A request to President Eisenhower that he designate Feb. 24, 1953 as “Protest Against Soviet Anti-Semitism Day,” was made here today by Congressman Isidore Dollinger of New York. Rep. Dollinger made his plea in a resolution, he submitted to Congress.
The resolution also called upon the American people, and particularly patriotic and religious groups, “to voice their concern for the Jewish victims and their protests against Soviet anti-Semitism to delegates and representatives of the United States and other countries to the United Nations, as well as to appropriate officials of the United States Government, urging that necessary action be taken by the United Nations, to the end that the Soviet plan of persecution and race murder may be halted.

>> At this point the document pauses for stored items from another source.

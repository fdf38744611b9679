-- ===== src/Middleware/Ratelimit/Concurrent.antt =====
-- pkg/middleware/ratelimit/ratelimit.go: `allow` as the steps of goroutines over one bucket. The map
-- has references to limiters, as in the source; the mutex guards the map alone, and `Allow` of a
-- limiter runs outside of it. A call of `Allow` of x/time/rate, which has a lock of its own, is one
-- step.
pub mod Invariant
pub mod Linear
pub mod Bound
pub mod Progress
mod Tests
use go_infrastructure.Prelude.{
  ℕ, suc, ◌+◌, ◌≡◌, Bool, Option, none, some, List, [], ◌∷◌, ℤ, GoString, lookup, insert, ◌==◌,
  if◌then◌else◌,
}
use go_infrastructure.Middleware.Ratelimit.{Net}

abbrev pub update {ℓ} : {A : Type ℓ} → (ℕ → A) → ℕ → A → ℕ → A
update f i a j = if j == i then a else f j

-- Where a goroutine stands in a call for a key: before it, at the lock, with the lock before and
-- after the lookup, and past the lock with a limiter.
pub data Pc : Type 0 where
  idle : Pc
  waits locked missed : GoString → Pc
  found free : GoString → ℕ → Pc

pub record System (N : Net) : Type 0 where
  pub heap : ℕ → N.Limiter
  pub next : ℕ
  pub map : List (GoString × ℕ)
  pub mu : Option ℕ
  pub clock : ℕ
  pub pc : ℕ → Pc

-- A call of `Allow`: its time, its key, its answer.
pub record Event : Type 0 where
  pub time : ℕ
  pub key : GoString
  pub ok : Bool

module _ (N : Net) (rps burst : ℤ) where
  open N use {new_limiter, allow_at}

  abbrev pub goes : System N → ℕ → Pc → System N
  goes s i p = record s { pc = update s.pc i p }

  -- A step of the goroutine `i`, or of time, in which no limiter is asked.
  pub data Step (s : System N) : System N → Type 0 where
    ticks : (d : ℕ) → Step s (record s { clock = s.clock + d })
    calls : (i : ℕ) (key : GoString) → s.pc i ≡ idle → Step s (goes s i (waits key))
    locks :
        (i : ℕ) (key : GoString)
        → s.pc i ≡ waits key
        → s.mu ≡ none
        → Step s (record s { mu = some i; pc = update s.pc i (locked key) })
    hits :
        (i : ℕ) (key : GoString) (a : ℕ)
        → s.pc i ≡ locked key
        → lookup key s.map ≡ some a
        → Step s (goes s i (found key a))
    misses :
        (i : ℕ) (key : GoString)
        → s.pc i ≡ locked key
        → lookup key s.map ≡ none
        → Step s (goes s i (missed key))
    makes :
        (i : ℕ) (key : GoString)
        → s.pc i ≡ missed key
        → Step s (record s {
          heap = update s.heap s.next (new_limiter rps burst);
          next = suc s.next;
          map = insert key s.next s.map;
          pc = update s.pc i (found key s.next);
        })
    unlocks :
        (i : ℕ) (key : GoString) (a : ℕ)
        → s.pc i ≡ found key a
        → Step s (record s { mu = none; pc = update s.pc i (free key a) })

  -- A step in which a goroutine asks its limiter and returns.
  pub data Asks (s : System N) : Event → System N → Type 0 where
    asks :
        (i : ℕ) (key : GoString) (a : ℕ)
        → s.pc i ≡ free key a
        → Asks s
            (record { time = s.clock; key = key; ok = (allow_at s.clock (s.heap a)).0 })
            (record s {
              heap = update s.heap a (allow_at s.clock (s.heap a)).1;
              pc = update s.pc i idle;
            })

  -- An interleaving, with the calls of `Allow` in their order.
  pub data Run : System N → List Event → System N → Type 0 where
    done : {s : System N} → Run s [] s
    steps : {s u t : System N} {es : List Event} → Step s u → Run u es t → Run s es t
    answers :
        {s u t : System N} {e : Event} {es : List Event}
        → Asks s e u
        → Run u es t
        → Run s (e ∷ es) t

  -- A new bucket at a time, with every goroutine outside. The heap has no limiter that is used.
  abbrev pub started : ℕ → System N
  started t = record {
    heap = λ a. new_limiter rps burst;
    next = 0;
    map = [];
    mu = none;
    clock = t;
    pc = λ i. idle;
  }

“We have ample evidence,” the Congressman said, “that the Stalin regime is directing a world-wide extermination of Jews; untold millions are falling victims to the infamous plan. The Kremlin’s object is genocide of the Jewish people behind the Iron Curtain and a death sentence for Jews in countries the Kremlin hopes to control in the future.
“Hitler exterminated 6,000,000 Jews and it is obvious that Stalin is bent upon carrying Hitler’s plan to exterminate all the Jewish people, to a conclusion. This is horrible to contemplate. It must be apparent to people the world over that when one race is considered by the Soviet regime to be fit only for extinction, then no other race can consider itself safe. We must raise our voices and expose the murderous Kremlin plan for what it is – a threat to all free people everywhere.
“The United States should be proud to lead in this effort. It is the bounden duty of the free to assist those who are the tragic victims of racial and religious persecution. Race murder is abhorrent to all decent human beings; we cannot act too quickly in demanding that the Soviet Union’s pogrom against the Jews be stopped at once.”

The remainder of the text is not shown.